Assuming his first and second tubes were bad, did we cause his death. No. He had smoked himself to three heart attacks and had been ''sick'', according to the family for two days refusing to see his physician. The paramedics said that his last words before collapsing were ''no hospital''. Could he have had a meaningful survival with everything done correctly from the start. Perhaps, though I will never know. He had care withdrawn per the family's wishes as he was felt to have severe anoxic brain damage. That last tube was good and if a post mortem is done the pathologist will find it right where it should be. I will never know if the first two were. I will not crawl into a bottle of Jack Daniels over this but I will learn from it. ABC.

Tuesday, May 02, 2006

One's Mind Wanders

A man died on the surgical floor the other day. I took the call to run the code and it went on and on and on.
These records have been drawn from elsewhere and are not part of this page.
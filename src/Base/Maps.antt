-- ===== src/Base/Maps.antt =====
-- Go's maps as association lists. `len` is `length`; the order of a list stands for one order in
-- which `range` may visit the map, so what holds for every list holds for every order.
use Prim.Native.Nat.{◌≤◌}
use mathlib.Core.Path.{◌≡◌, refl}
use mathlib.Core.Logic.{◌≢◌, inl, inr}
use mathlib.Core.Option.{Option, none, some}
use mathlib.Core.List.{List, [], ◌∷◌}
use native.Mathlib.Omega.{arith}
use distribute_pki.Base.Tests.{Eq, if◌then◌else◌, Bool-cases}
use distribute_pki.Base.Lists.{length, All}

abbrev pub Map {ℓ κ} : Type ℓ → Type κ → Type (ℓ ⊔ κ)
Map K V = List (K × V)

module _ {ℓ κ} {K : Type ℓ} {V : Type κ} ⦃e : Eq K⦄ where
  -- v, ok := m[k]
  unfoldable pub get : K → Map K V → Option V
  get k [] = none
  get k ((j, v) ∷ m) = if e.beq j k then some v else get k m

  -- m[k] = v
  unfoldable pub put : K → V → Map K V → Map K V
  put k v [] = (k, v) ∷ []
  put k v ((j, w) ∷ m) = if e.beq j k then (j, v) ∷ m else (j, w) ∷ put k v m

  -- delete(m, k)
  unfoldable pub remove : K → Map K V → Map K V
  remove k [] = []
  remove k ((j, w) ∷ m) = let rest = remove k m in if e.beq j k then rest else (j, w) ∷ rest

  pub get-put :
      (k j : K) (v : V) (m : Map K V) → get j (put k v m) ≡ (if e.beq k j then some v else get j m)
  unfolding get put
  get-put k j v [] = refl
  get-put k j v ((i, w) ∷ m) =
      ground (arith, get-put k j v m, e.beq_iff i k, e.beq_iff i j, e.beq_iff k j)

  pub get-put_self : (k : K) (v : V) (m : Map K V) → get k (put k v m) ≡ some v
  get-put_self k v m = ground (arith, get-put k k v m, e.beq_iff k k)

  pub get-put_ne : (k j : K) (v : V) (m : Map K V) → k ≢ j → get j (put k v m) ≡ get j m
  get-put_ne k j v m h = ground (arith, get-put k j v m, e.beq_iff k j)

  pub get-remove :
      (k j : K) (m : Map K V) → get j (remove k m) ≡ (if e.beq k j then none else get j m)
  unfolding get remove
  get-remove k j [] = ground arith
  get-remove k j ((i, w) ∷ m) =
      ground (arith, get-remove k j m, e.beq_iff i k, e.beq_iff i j, e.beq_iff k j)

  -- An entry satisfies what all entries do.
  pub get-All {μ} :
      (P : K × V → Type μ) (k : K) (m : Map K V) {v : V} → All P m → get k m ≡ some v → P (k, v)
  unfolding get
  get-All P k [] h g = cc
  get-All P k ((j, w) ∷ m) h g = elim (Bool-cases (e.beq j k)) [
    | inl hit ↦ ground (arith, (e.beq_iff j k).0 hit)
    | inr miss ↦ get-All P k m h.1 (ground arith)
  ]

  pub All-put {μ} :
      (P : K × V → Type μ) (k : K) (v : V) (m : Map K V) → P (k, v) → All P m → All P (put k v m)
  unfolding put
  All-put P k v [] p h = (p, tt)
  All-put P k v ((j, w) ∷ m) p h = ground (arith, e.beq_iff j k, All-put P k v m p h.1)

  pub All-remove {μ} : (P : K × V → Type μ) (k : K) (m : Map K V) → All P m → All P (remove k m)
  unfolding remove
  All-remove P k [] h = tt
  All-remove P k ((j, w) ∷ m) h = ground (arith, All-remove P k m h.1)

  -- No key stands twice, so that `length` counts keys.
  abbrev pub Distinct : Map K V → Type κ
  Distinct [] = Unit
  Distinct ((k, v) ∷ m) = (get k m ≡ none) × Distinct m

  pub put-Distinct : (k : K) (v : V) (m : Map K V) → Distinct m → Distinct (put k v m)
  unfolding get put
  put-Distinct k v [] d = (refl, tt)
  put-Distinct k v ((j, w) ∷ m) d =
      ground (arith, put-Distinct k v m d.1, get-put k j v m, e.beq_iff k j, e.beq_iff j k)

  pub length-put-le : (k : K) (v : V) (m : Map K V) → length m ≤ length (put k v m)
  unfolding put
  length-put-le k v [] = omega arith
  length-put-le k v ((j, w) ∷ m) = ground (arith, length-put-le k v m)
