-- ===== src/Pbft.antt =====
-- src/pbft: the consensus node.
pub mod SlotId
pub mod Messages
pub mod Json
pub mod JsonKeys
pub mod Library
pub mod Signing
pub mod Replies
pub mod Config
pub mod Node
pub mod Start
pub mod Starting
pub mod Normal
pub mod Checkpoints
pub mod ViewChanges
pub mod Heartbeat
pub mod NewViews
pub mod MainLoop
pub mod Ordering
pub mod Slots
pub mod Signatures
pub mod Views
pub mod Fixtures
mod Runs
mod Examples
mod VoteExamples
pub mod AnswerExamples
pub mod PhaseExamples
mod SealedExamples
mod AliasExamples
mod AgreementExamples
mod JsonExamples
mod ReplyExamples
mod StartExamples
pub mod Proposals
pub mod Commits
pub mod Stability
pub mod Leaders
pub mod Crashes
pub mod Survival
pub mod Votes
pub mod Surveys
pub mod Surveyed
pub mod Invariants
pub mod Contents
pub mod Sealed
pub mod Digests
pub mod Endorsed
pub mod Agreement
pub mod SameRequests
pub mod Deliveries
pub mod Shown
pub mod Aliases
pub mod Placement
pub mod Adoption
pub mod Completion
pub mod Preparations
pub mod Voting
pub mod Phases
pub mod Rpc
pub mod Generation
pub mod Answers
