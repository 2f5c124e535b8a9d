-- ===== src/Pbft/SlotId.antt =====
-- `SlotId` of src/pbft/common.go: a view and a sequence number, ordered by the view first.
use distribute_pki.Base.{ℕ, ◌≡◌, ◌↔◌, Bool, true, ◌&&◌, ltb, leb, ◌==◌, if◌then◌else◌, Eq, arith}

pub record SlotId : Type 0 where
  pub view_number : ℕ
  pub seq_number : ℕ

unfoldable pub before : SlotId → SlotId → Bool
before slot other =
    if slot.view_number == other.view_number
    then ltb slot.seq_number other.seq_number
    else ltb slot.view_number other.view_number

unfoldable pub before_or_equal : SlotId → SlotId → Bool
before_or_equal slot other =
    if slot.view_number == other.view_number
    then leb slot.seq_number other.seq_number
    else leb slot.view_number other.view_number

abbrev pub same_slot : SlotId → SlotId → Bool
same_slot a b = (a.view_number == b.view_number) && (a.seq_number == b.seq_number)

pub same_slot_iff : (a b : SlotId) → (same_slot a b ≡ true) ↔ (a ≡ b)
same_slot_iff a b = ground arith

instance abbrev pub slot_id_eq : Eq SlotId
slot_id_eq = record { beq = same_slot; beq_iff = same_slot_iff }
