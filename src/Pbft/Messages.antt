-- ===== src/Pbft/Messages.antt =====
-- The messages of src/pbft/messages.go, `Slot` and the cluster's configuration of
-- src/pbft/common.go, and src/pbft/debug.go's message. A digest is the number that its 32 bytes
-- spell, so that the zero array is 0; a []byte is a list of numbers; a pointer is an `Option`.
use distribute_pki.Base.{ℕ, String, Bool, Option, List, Map}
use distribute_pki.Pbft.SlotId.{SlotId}

abbrev pub NodeId : Type 0
NodeId = ℕ

abbrev pub EntityFingerprint : Type 0
EntityFingerprint = ℕ

abbrev pub Digest : Type 0
Digest = ℕ

abbrev pub Bytes : Type 0
Bytes = List ℕ

pub record NodeConfig : Type 0 where
  pub client_port : ℕ
  pub host : String
  pub id : NodeId
  pub port : ℕ
  pub private_key_file : String
  pub public_key_file : String
  pub pass_phrase_file : String

pub record ClusterConfig : Type 0 where
  pub nodes : List NodeConfig
  pub authority_key_file : String
  pub endpoint : String

pub record PrePrepare : Type 0 where
  pub number : SlotId
  pub request_digest : Digest

pub record SignedPrePrepare : Type 0 where
  pub message : PrePrepare
  pub signature : Bytes

pub record FullPrePrepare : Type 0 where
  pub signed_message : SignedPrePrepare
  pub request : String

pub record PpResponse : Type 0 where
  pub seq_number : ℕ

pub record SignedPpResponse : Type 0 where
  pub message : PpResponse
  pub signature : Bytes

pub record Prepare : Type 0 where
  pub number : SlotId
  pub request_digest : Digest
  pub node : NodeId

pub record SignedPrepare : Type 0 where
  pub message : Prepare
  pub signature : Bytes

pub record Commit : Type 0 where
  pub number : SlotId
  pub request_digest : Digest
  pub node : NodeId

pub record SignedCommit : Type 0 where
  pub message : Commit
  pub signature : Bytes

pub record Checkpoint : Type 0 where
  pub number : SlotId
  pub snapshot : Bytes
  pub node : NodeId

pub record SignedCheckpoint : Type 0 where
  pub message : Checkpoint
  pub signature : Bytes

pub record CheckpointProof : Type 0 where
  pub number : SlotId
  pub snapshot : Bytes
  pub proof : Map NodeId SignedCheckpoint

pub record CheckpointProofMessage : Type 0 where
  pub proof : CheckpointProof
  pub node : NodeId

pub record SignedCheckpointProof : Type 0 where
  pub message : CheckpointProofMessage
  pub signature : Bytes

pub record PreparedProof : Type 0 where
  pub number : SlotId
  pub request : String
  pub preprepare : SignedPrePrepare
  pub request_digest : Digest
  pub prepares : Map NodeId SignedPrepare

pub record ViewChange : Type 0 where
  pub view_number : ℕ
  pub checkpoint : SlotId
  pub checkpoint_proof : Map NodeId SignedCheckpoint
  pub proofs : Map SlotId PreparedProof
  pub node : NodeId

pub record SignedViewChange : Type 0 where
  pub message : ViewChange
  pub signature : Bytes

pub record NewView : Type 0 where
  pub view_number : ℕ
  pub view_changes : Map NodeId SignedViewChange
  pub preprepares : Map SlotId FullPrePrepare
  pub node : NodeId

pub record SignedNewView : Type 0 where
  pub message : NewView
  pub signature : Bytes

pub record Slot : Type 0 where
  pub request : Option String
  pub request_digest : Digest
  pub preprepare : Option SignedPrePrepare
  pub prepares : Map NodeId SignedPrepare
  pub commits : Map NodeId SignedCommit
  pub prepared : Bool
  pub committed : Bool

pub data DebugOp : Type 0 where
  put_op down_op up_op : DebugOp

pub record DebugMessage : Type 0 where
  pub op : DebugOp
  pub request : String
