-- ===== src/Pbft/Library.antt =====
-- What the node takes from elsewhere: SHA-256, the JSON encoding of each message type
-- (encoding/json, which may fail), and detached OpenPGP signatures (golang.org/x/crypto/openpgp).
use distribute_pki.Base.{ℕ, String, ◌≡◌, List, Map, Result, ok}
use mathlib.Core.List.{Mem}
use distribute_pki.Pbft.Messages.{
  NodeId, EntityFingerprint, Digest, Bytes, ClusterConfig, PrePrepare, PpResponse, Prepare, Commit,
  Checkpoint, CheckpointProofMessage, ViewChange, NewView,
}

pub record Library : Type 1 where
  -- sha256.Sum256
  pub sha256 : String → Digest
  -- binary.LittleEndian.Uint32 of the SHA-256 of the four little-endian bytes of a uint32
  pub hash_uint32 : ℕ → ℕ
  pub encode_pre_prepare : PrePrepare → Result Bytes
  pub encode_pp_response : PpResponse → Result Bytes
  pub encode_prepare : Prepare → Result Bytes
  pub encode_commit : Commit → Result Bytes
  pub encode_checkpoint : Checkpoint → Result Bytes
  pub encode_checkpoint_proof : CheckpointProofMessage → Result Bytes
  pub encode_view_change : ViewChange → Result Bytes
  pub encode_new_view : NewView → Result Bytes
  -- *openpgp.Entity
  pub Entity : Type 0
  -- entity.PrimaryKey.Fingerprint
  pub fingerprint : Entity → EntityFingerprint
  -- openpgp.DetachSign: the signer, what is signed, the signature
  pub detach_sign : Entity → Bytes → Result Bytes
  -- openpgp.CheckDetachedSignature: the key ring, what was signed, the signature, the signer
  pub check_detached_signature : List Entity → Bytes → Bytes → Result Entity

-- The documented contract of the two OpenPGP calls: a signature that an entity made over some bytes
-- checks against those bytes under a key ring that holds the entity, and names that entity.
abbrev pub SignaturesCheck : Library → Type 0
SignaturesCheck lib =
    (entity : lib.Entity) (ring : List lib.Entity) (text signature : Bytes)
    → Mem entity ring
    → lib.detach_sign entity text ≡ ok signature
    → lib.check_detached_signature ring text signature ≡ ok entity

-- The fields of `PBFTNode` that the source calls immutable config data.
pub record Host (lib : Library) : Type 0 where
  pub id : NodeId
  pub peermap : Map NodeId String
  pub cluster : ClusterConfig
  pub entity : lib.Entity
  pub peer_entity_map : Map EntityFingerprint NodeId
  pub peer_entities : List lib.Entity
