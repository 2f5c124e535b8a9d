-- ===== src/Pbft/Config.antt =====
-- `LeaderFor` of src/pbft/common.go. The view is cut to a uint32 before it is hashed, and so is the
-- number of nodes; with no nodes the division panics, which is `none`.
use distribute_pki.Base.{ℕ, ◌%◌, ◌^◌, Option, none, ◌==◌, if◌then◌else◌, length, get_elem?}
use mathlib.Core.Option
use distribute_pki.Pbft.Messages.{NodeId, NodeConfig, ClusterConfig}
use distribute_pki.Pbft.Library.{Library}

abbrev pub uint32 : ℕ → ℕ
uint32 n = n % 2 ^ 32

module _ (lib : Library) where
  unfoldable pub leader_for : ClusterConfig → ℕ → Option NodeId
  leader_for c view_number =
      if uint32 (length c.nodes) == 0
      then none
      else Option.map (λ (node : NodeConfig). node.id)
          (get_elem? c.nodes (lib.hash_uint32 (uint32 view_number) % uint32 (length c.nodes)))
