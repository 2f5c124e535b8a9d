-- ===== src/Pbft/Signing.antt =====
-- src/pbft/signing.go: every message is signed over its JSON encoding, and a signature is valid when
-- OpenPGP accepts it; the signer's node is then looked up by its fingerprint.
use distribute_pki.Base.{none, some, List, Map, get, nat_eq, Result, ok, ◌>>=◌}
use distribute_pki.Pbft.Messages.{
  NodeId, EntityFingerprint, Bytes, PrePrepare, SignedPrePrepare, PpResponse, SignedPpResponse,
  Prepare, SignedPrepare, Commit, SignedCommit, Checkpoint, SignedCheckpoint,
  CheckpointProofMessage, SignedCheckpointProof, ViewChange, SignedViewChange, NewView,
  SignedNewView,
}
use distribute_pki.Pbft.Library.{Library}

module _ (lib : Library) where
  -- peerMap[signer.PrimaryKey.Fingerprint]: a fingerprint that the map lacks gives node 0.
  unfoldable pub signer_id : Map EntityFingerprint NodeId → lib.Entity → NodeId
  signer_id peer_map signer = elim (get (lib.fingerprint signer) peer_map) [
    | none ↦ 0
    | some id ↦ id
  ]

  unfoldable pub sign_pre_prepare : PrePrepare → lib.Entity → Result SignedPrePrepare
  sign_pre_prepare m node = do
    text ← lib.encode_pre_prepare m
    signature ← lib.detach_sign node text
    ok (record { message = m; signature = signature })

  unfoldable pub pre_prepare_signature_valid :
      List lib.Entity → Map EntityFingerprint NodeId → SignedPrePrepare → Result NodeId
  unfolding signer_id
  pre_prepare_signature_valid peers peer_map m = do
    text ← lib.encode_pre_prepare m.message
    signer ← lib.check_detached_signature peers text m.signature
    ok (signer_id peer_map signer)

  unfoldable pub get_signature : PpResponse → lib.Entity → Result Bytes
  get_signature m node = do text ← lib.encode_pp_response m; lib.detach_sign node text

  unfoldable pub sign_pp_response : PpResponse → lib.Entity → Result SignedPpResponse
  unfolding get_signature
  sign_pp_response m node = do
    signature ← get_signature m node
    ok (record { message = m; signature = signature })

  unfoldable pub pp_response_signature_valid :
      List lib.Entity → Map EntityFingerprint NodeId → SignedPpResponse → Result NodeId
  unfolding signer_id
  pp_response_signature_valid peers peer_map m = do
    text ← lib.encode_pp_response m.message
    signer ← lib.check_detached_signature peers text m.signature
    ok (signer_id peer_map signer)

  unfoldable pub sign_prepare : Prepare → lib.Entity → Result SignedPrepare
  sign_prepare m node = do
    text ← lib.encode_prepare m
    signature ← lib.detach_sign node text
    ok (record { message = m; signature = signature })

  unfoldable pub prepare_signature_valid :
      List lib.Entity → Map EntityFingerprint NodeId → SignedPrepare → Result NodeId
  unfolding signer_id
  prepare_signature_valid peers peer_map m = do
    text ← lib.encode_prepare m.message
    signer ← lib.check_detached_signature peers text m.signature
    ok (signer_id peer_map signer)

  unfoldable pub sign_commit : Commit → lib.Entity → Result SignedCommit
  sign_commit m node = do
    text ← lib.encode_commit m
    signature ← lib.detach_sign node text
    ok (record { message = m; signature = signature })

  unfoldable pub commit_signature_valid :
      List lib.Entity → Map EntityFingerprint NodeId → SignedCommit → Result NodeId
  unfolding signer_id
  commit_signature_valid peers peer_map m = do
    text ← lib.encode_commit m.message
    signer ← lib.check_detached_signature peers text m.signature
    ok (signer_id peer_map signer)

  unfoldable pub sign_checkpoint : Checkpoint → lib.Entity → Result SignedCheckpoint
  sign_checkpoint m node = do
    text ← lib.encode_checkpoint m
    signature ← lib.detach_sign node text
    ok (record { message = m; signature = signature })

  unfoldable pub checkpoint_signature_valid :
      List lib.Entity → Map EntityFingerprint NodeId → SignedCheckpoint → Result NodeId
  unfolding signer_id
  checkpoint_signature_valid peers peer_map m = do
    text ← lib.encode_checkpoint m.message
    signer ← lib.check_detached_signature peers text m.signature
    ok (signer_id peer_map signer)

  unfoldable pub sign_checkpoint_proof :
      CheckpointProofMessage → lib.Entity → Result SignedCheckpointProof
  sign_checkpoint_proof m node = do
    text ← lib.encode_checkpoint_proof m
    signature ← lib.detach_sign node text
    ok (record { message = m; signature = signature })

  unfoldable pub checkpoint_proof_signature_valid :
      List lib.Entity → Map EntityFingerprint NodeId → SignedCheckpointProof → Result NodeId
  unfolding signer_id
  checkpoint_proof_signature_valid peers peer_map m = do
    text ← lib.encode_checkpoint_proof m.message
    signer ← lib.check_detached_signature peers text m.signature
    ok (signer_id peer_map signer)

  unfoldable pub sign_view_change : ViewChange → lib.Entity → Result SignedViewChange
  sign_view_change m node = do
    text ← lib.encode_view_change m
    signature ← lib.detach_sign node text
    ok (record { message = m; signature = signature })

  unfoldable pub view_change_signature_valid :
      List lib.Entity → Map EntityFingerprint NodeId → SignedViewChange → Result NodeId
  unfolding signer_id
  view_change_signature_valid peers peer_map m = do
    text ← lib.encode_view_change m.message
    signer ← lib.check_detached_signature peers text m.signature
    ok (signer_id peer_map signer)

  unfoldable pub sign_new_view : NewView → lib.Entity → Result SignedNewView
  sign_new_view m node = do
    text ← lib.encode_new_view m
    signature ← lib.detach_sign node text
    ok (record { message = m; signature = signature })

  unfoldable pub new_view_signature_valid :
      List lib.Entity → Map EntityFingerprint NodeId → SignedNewView → Result NodeId
  unfolding signer_id
  new_view_signature_valid peers peer_map m = do
    text ← lib.encode_new_view m.message
    signer ← lib.check_detached_signature peers text m.signature
    ok (signer_id peer_map signer)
We did not succeed in resuscitating him.

During the code we went through most of the Advanced Cardiac Life Support (ACLS) algorithms but to no avail. We performed CPR for almost an hour (not a one person job), and there were nursing students in the room. This was a great learning opportunity for them so we had every one of them take their turn learning the proper CPR technique.

Now I was not the only male in the room but I didn't dare make eye contact with any of the others. You see, it just so happened that these particular students were all young and female and fit. All of them were a bit small too so they had to get up on the bed and straddle the patient in order to create enough downward force to compress this gentleman's chest.

It was a bit disconcerting for me and I couldn't really watch them (I let the senior nurse in the room advise them of their technical skills or flaws). Out of the corner of my eye though, between looking at the monitor, repeating the cardiac ultrasound, and ordering medicines I noticed a strange picture.

There's just no nice way to say this but if I had been looking in the window and hadn't seen the patient or the other 10 people in the room I would have been forced to conclude that a lucky patient was getting quite special treatment. I say this to my shame, but in retrospect it encapsulates how many times humor, death, life, and sex do a strange little dance every day in the world of medicine.